[Records shown Boundary: Start]

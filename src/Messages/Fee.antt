-- ===== src/Messages/Fee.antt =====
-- The conversions of `Fee` and `Tip` of proto-messages/src/cosmos/tx/v1beta1/tx.rs.
pub mod Decoded
use doge_sdk.Base.{
  ℕ, ◌≤◌, ◌≡◌, refl, Bool, true, false, Option, none, some, List, [], ◌∷◌, map, arith, ltb, ◌==◌,
  if◌then◌else◌, Option-cases, inl, inr,
}
use std.Path.{subst}
use doge_sdk.Base.Bytes.{Bytes}
use doge_sdk.Base.Tried.{Tried, done, failed, ◌>>=◌, try_from, try_map}
use doge_sdk.Bank.Coin.{Coin, validate_coins}
use doge_sdk.Messages.Crates.{Crates, IsLawful}
use doge_sdk.Messages.Address.{IsAddress, decode, from_bech32, to_string, from_bech32-to_string}
use doge_sdk.Messages.Key.{MessagesError, coin, decode_address, decode_general}
use doge_sdk.Messages.Coin
use doge_sdk.Messages.Coin.{
  RawCoin, IsSendCoins, coin_try_from, coin_into_raw, coins_try_from-into_raw, new-valid,
}
use doge_sdk.Messages.Tx.{Fee, Tip}

pub record RawFee : Type 0 where
  pub amount : List RawCoin
  pub gas_limit : ℕ
  pub payer : Bytes
  pub granter : Bytes

pub record RawTip : Type 0 where
  pub amount : List RawCoin
  pub tipper : Bytes

abbrev pub max_gas_wanted : ℕ
max_gas_wanted = 9223372036854775807

module _ ⦃x : Crates⦄ where
  -- The loop stops at the first amount that is not zero.
  unfoldable pub all_zero : List RawCoin → Tried MessagesError Bool
  all_zero [] = done true
  all_zero (c ∷ cs) =
      let rest = all_zero cs in
      do amount ← try_from (x.uint_from_str c.amount) coin; if amount == 0 then rest else done false

  unfoldable pub address_try_from : Bytes → Tried MessagesError Bytes
  unfolding from_bech32
  address_try_from text = elim (from_bech32 text) [
    | done address ↦ done address
    | failed _ ↦ failed decode_address
  ]

  -- The empty text is no payer.
  unfoldable pub payer_try_from : Bytes → Tried MessagesError (Option Bytes)
  unfolding address_try_from
  payer_try_from [] = done none
  payer_try_from (b ∷ text) = do payer ← address_try_from (b ∷ text); done (some payer)

  unfoldable pub payer_into_raw : Option Bytes → Bytes
  unfolding to_string
  payer_into_raw none = []
  payer_into_raw (some address) = to_string address

  unfoldable pub amount_into_raw : Option (List Coin) → List RawCoin
  unfolding coin_into_raw
  amount_into_raw none = []
  amount_into_raw (some cs) = map coin_into_raw cs

  unfoldable pub send_coins_try_from : List RawCoin → Tried MessagesError (List Coin)
  unfolding coin_try_from Coin.new
  send_coins_try_from raw = do cs ← try_map coin_try_from raw; Coin.new cs

  -- A list of zeros is a fee without an amount, whatever its denominations are.
  unfoldable pub convert_fee : RawFee → Tried MessagesError Fee
  unfolding all_zero payer_try_from send_coins_try_from
  convert_fee raw = do
    zeros ← all_zero raw.amount
    payer ← payer_try_from raw.payer
    amount ← if zeros then done none else (do cs ← send_coins_try_from raw.amount; done (some cs))
    done (record {
      amount = amount;
      gas_limit = raw.gas_limit;
      payer = payer;
      granter = raw.granter;
    })

  unfoldable pub fee_try_from : RawFee → Tried MessagesError Fee
  unfolding convert_fee
  fee_try_from raw =
      let converted = convert_fee raw in
      if ltb max_gas_wanted raw.gas_limit then failed decode_general else converted

  unfoldable pub fee_into_raw : Fee → RawFee
  unfolding payer_into_raw amount_into_raw
  fee_into_raw fee = record {
    amount = amount_into_raw fee.amount;
    gas_limit = fee.gas_limit;
    payer = payer_into_raw fee.payer;
    granter = fee.granter;
  }

  unfoldable pub tip_try_from : RawTip → Tried MessagesError Tip
  unfolding address_try_from send_coins_try_from
  tip_try_from raw = do
    tipper ← address_try_from raw.tipper
    amount ← send_coins_try_from raw.amount
    done (record { amount = some amount; tipper = tipper })

  unfoldable pub tip_into_raw : Tip → RawTip
  unfolding amount_into_raw to_string
  tip_into_raw tip = record { amount = amount_into_raw tip.amount; tipper = to_string tip.tipper }

abbrev pub IsAmount : Option (List Coin) → Type 0
IsAmount none = Unit
IsAmount (some cs) = IsSendCoins cs

abbrev pub IsPayer : Option Bytes → Type 0
IsPayer none = Unit
IsPayer (some address) = IsAddress address

abbrev pub IsFee : Fee → Type 0
IsFee fee = (fee.gas_limit ≤ max_gas_wanted) × IsPayer fee.payer × IsAmount fee.amount

-- A tip without an amount is not among these: it is written as an empty list, which is refused.
abbrev pub IsTip : Tip → Type 0
IsTip tip = IsAddress tip.tipper × ((cs : List Coin) × (tip.amount ≡ some cs) × IsSendCoins cs)

module _ ⦃x : Crates⦄ (law : IsLawful x) where
  pub address_try_from-to_string :
      (a : Bytes) → IsAddress a → address_try_from (to_string a) ≡ done a
  unfolding address_try_from
  address_try_from-to_string a h = rw (address_try_from, from_bech32-to_string law a h) refl

  from_bech32-empty : from_bech32 [] ≡ failed decode
  unfolding from_bech32
  from_bech32-empty = rw law.bech32_decode-empty refl

  payer_try_from-address :
      (text a : Bytes) → from_bech32 text ≡ done a → payer_try_from text ≡ done (some a)
  unfolding payer_try_from
  payer_try_from-address [] a h = cc (h, from_bech32-empty)
  payer_try_from-address (b ∷ text) a h = rw (address_try_from, h) refl

  payer_try_from-into_raw :
      (p : Option Bytes) → IsPayer p → payer_try_from (payer_into_raw p) ≡ done p
  unfolding payer_try_from payer_into_raw
  payer_try_from-into_raw none h = refl
  payer_try_from-into_raw (some a) h =
      payer_try_from-address (to_string a) a (from_bech32-to_string law a h)

  -- The first amount is not zero.
  all_zero-send_coins :
      (cs : List Coin) → IsSendCoins cs → all_zero (map coin_into_raw cs) ≡ done false
  unfolding all_zero coin_into_raw validate_coins
  all_zero-send_coins [] h = cc
  all_zero-send_coins (c ∷ cs) h =
      let positive : (c.amount == 0) ≡ false = ground (arith, h.0) in
      rw (map, all_zero, law.uint_from_str-to_string c.amount h.1.0.1, positive) refl

  pub send_coins_try_from-into_raw :
      (cs : List Coin) → IsSendCoins cs → send_coins_try_from (map coin_into_raw cs) ≡ done cs
  unfolding send_coins_try_from
  send_coins_try_from-into_raw cs h = rw (coins_try_from-into_raw law cs h.1, new-valid cs h.0) refl

  fee_try_from-amount :
      (fee : Fee)
      → IsFee fee
      → (cs : List Coin) → fee.amount ≡ some cs
      → fee_try_from (fee_into_raw fee) ≡ done fee
  unfolding fee_try_from fee_into_raw amount_into_raw
  fee_try_from-amount fee h cs e =
      let small : ltb max_gas_wanted fee.gas_limit ≡ false = ground (arith, h.0) in
      let amount : IsSendCoins cs = subst IsAmount e h.2 in
      rw
        (
          e,
          fee_try_from,
          convert_fee,
          small,
          all_zero-send_coins cs amount,
          payer_try_from-into_raw fee.payer h.1,
          send_coins_try_from-into_raw cs amount,
        )
        refl

  fee_try_from-none :
      (fee : Fee) → IsFee fee → fee.amount ≡ none → fee_try_from (fee_into_raw fee) ≡ done fee
  unfolding fee_try_from fee_into_raw amount_into_raw all_zero
  fee_try_from-none fee h e =
      let small : ltb max_gas_wanted fee.gas_limit ≡ false = ground (arith, h.0) in
      rw (e, fee_try_from, small, payer_try_from-into_raw fee.payer h.1) refl

  pub fee_try_from-into_raw : (fee : Fee) → IsFee fee → fee_try_from (fee_into_raw fee) ≡ done fee
  fee_try_from-into_raw fee h = elim (Option-cases fee.amount) [
    | inl e ↦ fee_try_from-none fee h e
    | inr (cs, e) ↦ fee_try_from-amount fee h cs e
  ]

  pub tip_try_from-into_raw : (tip : Tip) → IsTip tip → tip_try_from (tip_into_raw tip) ≡ done tip
  unfolding tip_try_from tip_into_raw amount_into_raw
  tip_try_from-into_raw tip (address, (cs, e, amount)) =
      rw
        (
          e,
          tip_try_from,
          address_try_from-to_string tip.tipper address,
          send_coins_try_from-into_raw cs amount,
        )
        refl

[Records shown Boundary: End]

> **Aim of the task**
Go through the data above and copy each line that holds the word "where".

> **Response below**
pub record RawFee : Type 0 where
pub record RawTip : Type 0 where
module _ ⦃x : Crates⦄ where
module _ ⦃x : Crates⦄ (law : IsLawful x) where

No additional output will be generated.